Miano najlepszego dwulatka zdobył trenowany przez Macieja Janikowskiego i dosiadany przez Wiaczesława Szymczuka, niepokonany w trzech startach Va Bank. Wygrał on nagrody: Ministra Rolnictwa i Rozwoju Wsi (A) oraz Mokotowską (A), która wyłania zimowego faworyta na Derby. Ponadto w ostatnim dniu wyścigów Dogmat wygrał Nagrodę Nemana (B). W sumie dwulatki Janikowskiego zwyciężyły aż w 16 gonitwach! Oprócz Va Banka i Dogmata wyróżniły się Sorento, Kokshe, Adanero i Milioner.
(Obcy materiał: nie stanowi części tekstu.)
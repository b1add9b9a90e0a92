-- ===== src/Client/Listener/Setup/Callbacks.antt =====
-- The callback on connection states after the set-up is over.
use yamrp.Client.Listener.Exchange
use yamrp.Prelude.{List, Option, [], arith, length, none, refl, some, suc, ◌∷◌, ◌≡◌, ◌≤◌}
use yamrp.Errors.{Error}
use yamrp.Chan.{make_chan, receive, send}
use yamrp.Schedules.{Ensures, run, run_keeps, run_taken}
use yamrp.Client.Listener.Setup.{
  Event, Setup, answer_resolves, connected, connected_pushes, ended, exchanged, exchanges,
  failed_pushes, ice_resolves, next, silently, state_changes, step, takes_answer, takes_connected,
  takes_done, takes_failed, takes_ice,
}
use yamrp.Client.Listener.Exchange.{Exchange}

-- initWebRTCAsOfferer has returned, its signal channel is full and a callback waits for room.
record IsStuck (r : Option Error) (x : Setup) : Type 0 where
  over : x.place ≡ ended r
  room : x.connected_sig.capacity ≡ 1
  full : length x.connected_sig.queue ≡ 1
  calling : 1 ≤ x.connected_calls

module _ (r : Option Error) (x x' : Setup) (v : IsStuck r x) where
  next-IsStuck : (e : Event) → next e x ≡ some x' → IsStuck r x'
  unfolding next send receive
  next-IsStuck (exchanges e) h = exchanging (Exchange.step e x.exchange) h
    where
      exchanging : (o : Option (Exchange × Unit {0})) → exchanged x o ≡ some x' → IsStuck r x'
      exchanging none h = cc
      exchanging (some (y, out)) h = ground arith
  next-IsStuck (answer_resolves err) h = ground arith
  next-IsStuck ice_resolves h = ground arith
  next-IsStuck (state_changes st) h = ground arith
  next-IsStuck connected_pushes h = ground arith
  next-IsStuck failed_pushes h = ground arith
  next-IsStuck takes_answer h = ground arith
  next-IsStuck takes_done h = ground arith
  next-IsStuck takes_connected h = ground arith
  next-IsStuck takes_failed h = ground arith
  next-IsStuck takes_ice h = ground arith

step-IsStuck :
    (r : Option Error) (e : Event) (x : Setup) → IsStuck r x → Ensures (IsStuck r) (step e x)
unfolding step
step-IsStuck r e x v = go (next e x) refl
  where
    go : (o : Option Setup) → next e x ≡ o → Ensures (IsStuck r) (silently o)
    go none h = tt
    go (some x') h = next-IsStuck r x x' v e h

-- After initWebRTCAsOfferer has returned, and the signal channel is empty, two more reports that the
-- peer connection is connected leave a callback that never returns: after any further schedule one
-- still waits for room.
pub late_callback_blocks :
    (r : Option Error) (after : List Event) (x : Setup) {t : Setup}
    → x.place ≡ ended r
    → x.connected_sig ≡ make_chan 1
    → run step (state_changes connected ∷ connected_pushes ∷ state_changes connected ∷ after) x
      ≡ some t
    → (1 ≤ t.connected_calls) × (step connected_pushes t ≡ none)
unfolding step next send
late_callback_blocks r after x {t} over empty ran = (v.calling, ground (arith, v))
  where
    called : Setup
    called = record x { connected_calls = suc x.connected_calls }

    pushed : Setup
    pushed = record x { connected_sig = record { capacity = 1; queue = tt ∷ [] } }

    again : Setup
    again = record pushed { connected_calls = suc x.connected_calls }

    room : step connected_pushes called ≡ some (pushed, tt)
    room = ground (arith, empty)

    later : run step after again ≡ some t
    later =
        run_taken step _ after pushed refl
          (run_taken step _ _ called room (run_taken step _ _ x refl ran))

    v : IsStuck r t
    v =
        run_keeps step (IsStuck r) (step-IsStuck r) after again
          (record { over = over; room = refl; full = refl; calling = omega arith }) later
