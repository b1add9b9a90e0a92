-- ===== src/Client/Listener/Setup/Outcome.antt =====
-- When the set-up of a connection succeeds.
use yamrp.Client.Listener.Exchange
use yamrp.Prelude.{
  Bool, List, Option, [], ap, arith, false, if◌then◌else◌, length, length-append, map, none, refl,
  some, true, ℕ, ◌+◌, ◌∙◌, ◌∷◌, ◌≡◌, ◌≤◌,
}
use yamrp.Errors.{Error}
use yamrp.Chan.{receive, send}
use yamrp.Schedules.{run, run_counts, total}
use yamrp.Async.Order.{await_unordered_order, done}
use yamrp.Client.Listener.Setup.{
  Event, Pending, Place, Setup, answer_resolves, begin, connected, connected_pushes, delivered,
  ended, exchanged, exchanges, failed_pushes, first_success, ice_resolves, next, resolved,
  selecting, setup_failed, setup_webrtc, silently, state_changes, step, takes_answer,
  takes_connected, takes_done, takes_failed, takes_ice,
}
use yamrp.Client.Listener.Exchange.{Exchange}

abbrev pub connections : Event → ℕ
connections (state_changes connected) = 1
connections _ = 0

abbrev pub good_answers : Event → ℕ
good_answers (answer_resolves none) = 1
good_answers _ = 0

abbrev won : Place → ℕ
won (ended none) = 1
won _ = 0

abbrev passed : Place → ℕ
passed selecting = 1
passed (ended none) = 1
passed _ = 0

abbrev good : Pending → ℕ
good (resolved none) = 1
good _ = 0

-- Signals of a connection on their way, and the one that was taken.
abbrev signals : Setup → ℕ
signals x = x.connected_calls + (length x.connected_sig.queue + won x.place)

abbrev answers : Setup → ℕ
answers x = good x.answer + passed x.place

silently_lem :
    (o : Option Setup) (x : Setup) (out : Unit {0}) → silently o ≡ some (x, out) → o ≡ some x
silently_lem none x out h = cc
silently_lem (some y) x out h = ground arith

module _ (x x' : Setup) where
  next-signals : (e : Event) → next e x ≡ some x' → signals x' ≤ signals x + connections e
  unfolding next send receive
  next-signals (exchanges e) h = exchanging (Exchange.step e x.exchange) h
    where
      exchanging :
          (o : Option (Exchange × Unit {0})) → exchanged x o ≡ some x' → signals x' ≤ signals x + 0
      exchanging none h = cc
      exchanging (some (y, out)) h = ground arith
  next-signals (answer_resolves err) h = ground arith
  next-signals ice_resolves h = ground arith
  next-signals (state_changes st) h = ground arith
  next-signals connected_pushes h = ground (arith, length-append x.connected_sig.queue (tt ∷ []))
  next-signals failed_pushes h = ground arith
  next-signals takes_answer h = ground arith
  next-signals takes_done h = ground arith
  next-signals takes_connected h = ground arith
  next-signals takes_failed h = ground arith
  next-signals takes_ice h = ground arith

  next-answers : (e : Event) → next e x ≡ some x' → answers x' ≤ answers x + good_answers e
  unfolding next send receive
  next-answers (exchanges e) h = exchanging (Exchange.step e x.exchange) h
    where
      exchanging :
          (o : Option (Exchange × Unit {0})) → exchanged x o ≡ some x' → answers x' ≤ answers x + 0
      exchanging none h = cc
      exchanging (some (y, out)) h = ground arith
  next-answers (answer_resolves err) h = ground arith
  next-answers ice_resolves h = ground arith
  next-answers (state_changes st) h = ground arith
  next-answers connected_pushes h = ground arith
  next-answers failed_pushes h = ground arith
  next-answers takes_answer h = ground arith
  next-answers takes_done h = ground arith
  next-answers takes_connected h = ground arith
  next-answers takes_failed h = ground arith
  next-answers takes_ice h = ground arith

-- Under any schedule, initWebRTCAsOfferer returns nil only if the answer was set without an error
-- and the peer connection has reported that it is connected.
pub success_needs_connection :
    (es : List Event) {t : Setup}
    → run step es begin ≡ some t
    → t.place ≡ ended none
    → (1 ≤ total connections es) × (1 ≤ total good_answers es)
unfolding begin step
success_needs_connection es {t} ran success = (
  omega (
    arith,
    run_counts step signals connections
        (λ e s s' out h. next-signals s s' e (silently_lem _ s' out h)) es begin ran,
    ap won success,
  ),
  omega (
    arith,
    run_counts step answers good_answers
        (λ e s s' out h. next-answers s s' e (silently_lem _ s' out h)) es begin ran,
    ap passed success,
  ),
)

abbrev pub any_nil : List (Option Error) → Bool
any_nil [] = false
any_nil (none ∷ rest) = true
any_nil (some e ∷ rest) = any_nil rest

first_success_lem :
    (rs : List (Option Error)) → first_success rs ≡ (if any_nil rs then none else some setup_failed)
unfolding first_success
first_success_lem [] = refl
first_success_lem (none ∷ rs) = refl
first_success_lem (some e ∷ rs) = first_success_lem rs

-- Once every way to set the connection up has returned, setupWebRTC returns nil if and only if one of
-- them did, and an error of its own otherwise, which says nothing of theirs.
pub setup_webrtc_outcome :
    (rs : List (Option Error))
    → setup_webrtc (map done rs) ≡ some (if any_nil rs then none else some setup_failed)
unfolding setup_webrtc
setup_webrtc_outcome rs =
    ap delivered (await_unordered_order rs 2 (omega arith)) ∙ ap some (first_success_lem rs)
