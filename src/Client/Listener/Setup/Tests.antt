-- ===== src/Client/Listener/Setup/Tests.antt =====
-- A set-up that succeeds.
use yamrp.Prelude.{List, Option, [], if◌then◌else◌, map, none, refl, some, ◌∷◌, ◌≡◌, ◌≤◌}
use yamrp.Errors.{Error}
use yamrp.Schedules.{run, total}
use yamrp.Async.Order.{done}
use yamrp.Client.Listener.Setup.{
  Event, Setup, answer_resolves, begin, connected, connected_pushes, connection_failed, failed,
  setup_failed, setup_webrtc, state_changes, step, takes_answer, takes_connected,
}
use yamrp.Client.Listener.Setup.Outcome.{
  any_nil, connections, good_answers, setup_webrtc_outcome, success_needs_connection,
}
use yamrp.Client.Listener.Setup.Callbacks.{late_callback_blocks}

abbrev reached : Option Setup → Setup
reached none = begin
reached (some x) = x

abbrev connects : List Event
connects =
    answer_resolves none
    ∷ takes_answer
    ∷ state_changes connected
    ∷ connected_pushes
    ∷ takes_connected
    ∷ []

abbrev connected_setup : Setup
connected_setup = reached (run step connects begin)

success_needs_connection_example :
    (1 ≤ total connections connects) × (1 ≤ total good_answers connects)
unfolding run step begin
success_needs_connection_example = success_needs_connection connects {t = connected_setup} refl refl

abbrev reconnects : List Event
reconnects =
    state_changes connected ∷ connected_pushes ∷ state_changes connected ∷ state_changes failed ∷ []

abbrev late : Setup
late = reached (run step reconnects connected_setup)

late_callback_blocks_example : (1 ≤ late.connected_calls) × (step connected_pushes late ≡ none)
unfolding run step begin
late_callback_blocks_example =
    late_callback_blocks none (state_changes failed ∷ []) connected_setup {t = late} refl refl refl

abbrev results : List (Option Error)
results = some connection_failed ∷ none ∷ []

setup_webrtc_outcome_example :
    setup_webrtc (map done results) ≡ some (if any_nil results then none else some setup_failed)
setup_webrtc_outcome_example = setup_webrtc_outcome results
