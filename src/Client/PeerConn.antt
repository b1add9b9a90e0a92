-- ===== src/Client/PeerConn.antt =====
-- client/webrtc_abstract.go: the wrapper of a peer connection, and its builder.
-- What WebRTC does is a parameter. A pointer is an Option, with `none` for nil.
mod Tests
use yamrp.Prelude.{Option, Option-cases, String, inl, inr, none, refl, some, ◌≡◌, ◌≢◌, ◌⊎◌}
use yamrp.Errors.{Error}

-- A value of an interface type: nil, or a pointer along with its type. A nil pointer that is
-- converted to the interface is not nil.
pub data Interface (A : Type 0) : Type 0 where
  nil_interface : Interface A
  holding : Option A → Interface A

-- PeerConnWrapper, which embeds a pointer
pub record PeerConnWrapper (C : Type 0) : Type 0 where
  pub peer_connection : Option C

-- NewPeerConnWrapperWithErr
new_peer_conn_wrapper_with_err :
    {C : Type 0} → Option C → Option Error → Option (PeerConnWrapper C) × Option Error
new_peer_conn_wrapper_with_err none err = (none, err)
new_peer_conn_wrapper_with_err (some pc) err = (some (record { peer_connection = some pc }), err)

-- NewPeerConnWrapper: whatever the pointer is
new_peer_conn_wrapper : {C : Type 0} → Option C → PeerConnWrapper C
new_peer_conn_wrapper pc = record { peer_connection = pc }

-- PeerConnWrapper.CreateDataChannel: the channel becomes a DataChannelAbstract. `create` is the
-- method of a peer connection.
pub create_data_channel :
    {C D Init : Type 0}
    → (create : Option C → String → Init → Option D × Option Error) → PeerConnWrapper C
    → String
    → Init
    → Interface D × Option Error
create_data_channel create p label init =
    let made = create p.peer_connection label init in (holding made.0, made.1)

-- peerConnBuilderImpl.NewPeerConnection: the wrapper becomes a peerConnAbstract. `make` is
-- webrtc.NewPeerConnection.
unfoldable pub new_peer_connection :
    {C Config : Type 0}
    → (make : Config → Option C × Option Error) → Config
    → Interface (PeerConnWrapper C) × Option Error
unfolding new_peer_conn_wrapper_with_err
new_peer_connection make config =
    let made = make config in
    let wrapped = new_peer_conn_wrapper_with_err made.0 made.1 in (holding wrapped.0, wrapped.1)

module _ {C Config D Init : Type 0} (make : Config → Option C × Option Error)
    (create : Option C → String → Init → Option D × Option Error) (config : Config) where
  -- WebRTC failed, and the interface holds a nil pointer.
  abbrev pub NotBuilt : Type 0
  NotBuilt =
      (e : Error) × ((make config).1 ≡ some e)
      × (new_peer_connection make config ≡ (holding none, some e))

  -- The interface holds a wrapper, and CreateDataChannel asks the connection that WebRTC made.
  abbrev pub Built : String → Init → Type 0
  Built label init =
      (c : C) × (p : PeerConnWrapper C) × ((make config).0 ≡ some c)
      × (new_peer_connection make config ≡ (holding (some p), (make config).1))
      × (create_data_channel create p label init
          ≡ (holding (create (some c) label init).0, (create (some c) label init).1))

  -- Let webrtc.NewPeerConnection return no connection only along with an error. Then
  -- NewPeerConnection returns an interface that is not nil: either WebRTC failed, and it holds a
  -- nil pointer beside that error, or it holds a wrapper, beside the error of WebRTC if there is
  -- one, and CreateDataChannel asks the connection that WebRTC made and returns what that returns.
  pub never_nil :
      (label : String) (init : Init)
      → ((make config).0 ≡ none → (make config).1 ≢ none)
      → ((new_peer_connection make config).0 ≢ nil_interface) × (NotBuilt ⊎ Built label init)
  unfolding new_peer_connection create_data_channel
  never_nil label init or_error = (
    λ h. cc,
    elim (Option-cases (make config).0) [
      | inl none_made ↦ elim (Option-cases (make config).1) [
        | inl ended ↦ absurd (or_error none_made ended)
        | inr (e, failed) ↦ inl (e, failed, rw (none_made, failed) refl)
      ]
      | inr (c, made) ↦ inr (c, record { peer_connection = some c }, made, rw made refl, refl)
    ],
  )
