-- ===== src/Client/PeerConn/Tests.antt =====
-- A builder that refuses the configuration 0. A connection, a data channel and its options are
-- numbers.
use yamrp.Prelude.{Option, String, none, refl, some, suc, zero, ℕ, ◌+◌, ◌≡◌, ◌≢◌, ◌⊎◌}
use yamrp.Errors.{Error, other}
use yamrp.Client.PeerConn.{Built, NotBuilt, holding, never_nil, new_peer_connection, nil_interface}

abbrev make : ℕ → Option ℕ × Option Error
make zero = (none, some (other 1))
make (suc n) = (some n, none)

abbrev create : Option ℕ → String → ℕ → Option ℕ × Option Error
create none label init = (none, some (other 2))
create (some n) label init = (some (n + init), none)

never_nil_example :
    ((new_peer_connection make 0).0 ≢ nil_interface)
    × (NotBuilt make create 0 ⊎ Built make create 0 "data" 5)
never_nil_example = never_nil make create 0 "data" 5 (λ gone. λ h. cc)

connection_is_wrapped :
    new_peer_connection make 4 ≡ (holding (some (record { peer_connection = some 3 })), none)
unfolding new_peer_connection
connection_is_wrapped = refl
Z taką, mówiąc kolokwialnie paczką, Janikowski może rozdawać karty także w derbowym roczniku.

Jedną gonitwę pozagrupową (Upsali) wygrała klacz Hospitalite trenowana przez Janusza Kozłowskiego.

IMG_7873
Katarzyna Kozłowska i Test

Kozłowscy uskrzydlili Testa

Tak, jak w poprzednich sezonach, Janusz Kozłowski okazał się najlepszym trenerem w konkurencji biegów z płotami. Chyba mało kto spodziewał się, że niepozorny Test wyrośnie na najlepszego konia płotowego w Polsce. Kasztan słabo radził sobie w gonitwach płaskich, a ubiegłoroczny debiut w biegu płotowym nie napawał szczególnym optymizmem. Jednak cierpliwość hodowcy i właściciela Testa, Piotra Szmigiela, oraz trenera Janusza Kozłowskiego i jego żony Katarzyny, popłaciła. Kasztan zakończył pierwszą część sezonu 2014 zajęciem drugiego miejsca w gonitwie o Nagrodę 1. Dywizji Kawalerii Wojska Polskiego. Po przerwie letniej po raz pierwszy pojechał na nim Paweł Gogolewski. Duet ten okazał się zwycięski już w pierwszej próbie, a następnie wygrał trzy kolejne biegi płotowe na Służewcu.